Food transfer is defined as the unresisted transfer of food from one food-motivated individual, the “possessor”, to another, the “recipient” (Feistner & McGrew 1989). This behavior has been described in different terms, including sharing, scrounging, and tolerbated theft, and it is usually accompanied by diverse behaviors such as begging, displacement of feeding spot, resistance of possessor, stealing, offering, and retrieving (Yamagiwa et al., 2015). Food transfer is mainly reported from apes, however, very few from genus macaca. Here we preliminary report food transfer behavior observed in stump-tailed macaques (Macaca arctoides) in Khao Krapuk Khao Taomor Non Hunting Area, Thailand. In this report, “Retrieving” - an individual takes food that another individual has dropped on the ground or placed there - is regarded as food transfer (see Yamagiwa et al., 2015). The aspect of transfer is different by the food item; transfer was more frequently occurred when they are eating food item that is not abundant and rare, or need to pay risk to obtain.
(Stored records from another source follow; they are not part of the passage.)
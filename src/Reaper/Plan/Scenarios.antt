-- ===== src/Reaper/Plan/Scenarios.antt =====
-- Tests and an instance for `plan_reaper_actions` (src/reaper.rs).
use ez_gh_actions.Base.{
  ◌≡◌, refl, Bool, true, false, none, some, List, [], ◌∷◌, Text, text, text_eq, ends_with,
}
use ez_gh_actions.Base.Decimal.{parse_uint, to_string}
use ez_gh_actions.Github.{RunnerInfo, WorkflowRun, WorkflowJob}
use ez_gh_actions.Timestamp.{
  is_leap_year, max_day, civil_days, days_from_civil, parse_i32, is_well_formed,
  parse_github_timestamp_secs,
}
use ez_gh_actions.Reaper.{ReaperPlan}
use ez_gh_actions.Reaper.Execute.{cancel_action, delete_action}
use ez_gh_actions.Reaper.Plan.{
  runner_name_allowed, job_matches_runner, has_required_labels, Limits, age_of, make_plan, plan_job,
  plan_run, plan_runs, plan_repos, plan_reaper_actions,
}
use ez_gh_actions.Reaper.Plan.Justified.{IsJustified, AllPlans, plan_reaper_actions-IsJustified}

abbrev runner : Text → Bool → RunnerInfo
runner name busy = record {
  id = 42;
  name = name;
  status = text "online";
  busy = busy;
  run_id = none;
}

abbrev run : WorkflowRun
run = record {
  id = 1;
  name = text "ci";
  display_title = text "ci";
  event = text "push";
  status = text "in_progress";
  conclusion = none;
  created_at = text "2026-07-07T08:00:00Z";
  run_started_at = some (text "2026-07-07T08:00:00Z");
  updated_at = text "2026-07-07T08:00:00Z";
  html_url = text "u";
  head_branch = none;
  head_sha = text "a";
}

abbrev job : WorkflowJob
job = record {
  id = 2;
  name = text "test";
  status = text "in_progress";
  conclusion = none;
  created_at = text "2026-07-07T08:00:00Z";
  started_at = some (text "2026-07-07T08:00:00Z");
  completed_at = none;
  runner_id = some 42;
  runner_name = none;
  runner_group_id = none;
  runner_group_name = none;
  labels = text "linux" ∷ text "ez" ∷ [];
  html_url = none;
}

-- two hours after the job's start
abbrev limits : Limits
limits = record {
  allowed_prefixes = text "ez" ∷ [];
  required_labels = text "ez" ∷ [];
  min_age_seconds = 3600;
  now_unix = 1783418400;
}

abbrev repo_runs : List (Text × List (WorkflowRun × List WorkflowJob))
repo_runs = (text "o/r", (run, job ∷ []) ∷ []) ∷ []

abbrev expected : ReaperPlan
expected = record {
  runner_id = 42;
  runner_name = text "ez-1";
  repo = text "o/r";
  run_id = 1;
  run_url = text "u";
  job_id = 2;
  job_url = none;
  age_seconds = 7200;
  sequence =
      text "POST repos/o/r/actions/runs/1/cancel"
      ∷ text "poll correlated job until it is no longer in_progress"
      ∷ text "DELETE runner registration 42"
      ∷ [];
}

plans :
    (plan_reaper_actions limits repo_runs (runner (text "ez-1") true ∷ []) ≡ expected ∷ [])
    × (plan_reaper_actions limits repo_runs (runner (text "ez-1") false ∷ []) ≡ [])
    × (plan_reaper_actions limits repo_runs (runner (text "ez1") true ∷ []) ≡ [])
    × (plan_reaper_actions
          (record limits { min_age_seconds = 7201 })
          repo_runs
          (runner (text "ez-1") true ∷ [])
        ≡ [])
unfolding runner_name_allowed job_matches_runner has_required_labels age_of make_plan plan_job
    plan_run plan_runs plan_repos plan_reaper_actions parse_github_timestamp_secs parse_i32
    parse_uint is_well_formed days_from_civil civil_days max_day is_leap_year ends_with text_eq
    to_string cancel_action delete_action
plans = (refl, refl, refl, refl)

plan_reaper_actions-IsJustified_example :
    AllPlans
      (IsJustified limits repo_runs (runner (text "ez-1") true ∷ []))
      (plan_reaper_actions limits repo_runs (runner (text "ez-1") true ∷ []))
plan_reaper_actions-IsJustified_example =
    plan_reaper_actions-IsJustified limits repo_runs (runner (text "ez-1") true ∷ [])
Food transfer is often observed when monkeys are eating big food items which produce the food particles during eating. On the other hand, small food items or all-eatable food items are rarely transferred. Plant food transfer was observed not only among adults but also from adult to immature including transfer from mother to infant. Social interaction which can be interpreted as “Begging behavior” like presenting and greeting was also observed before food transfer occurred.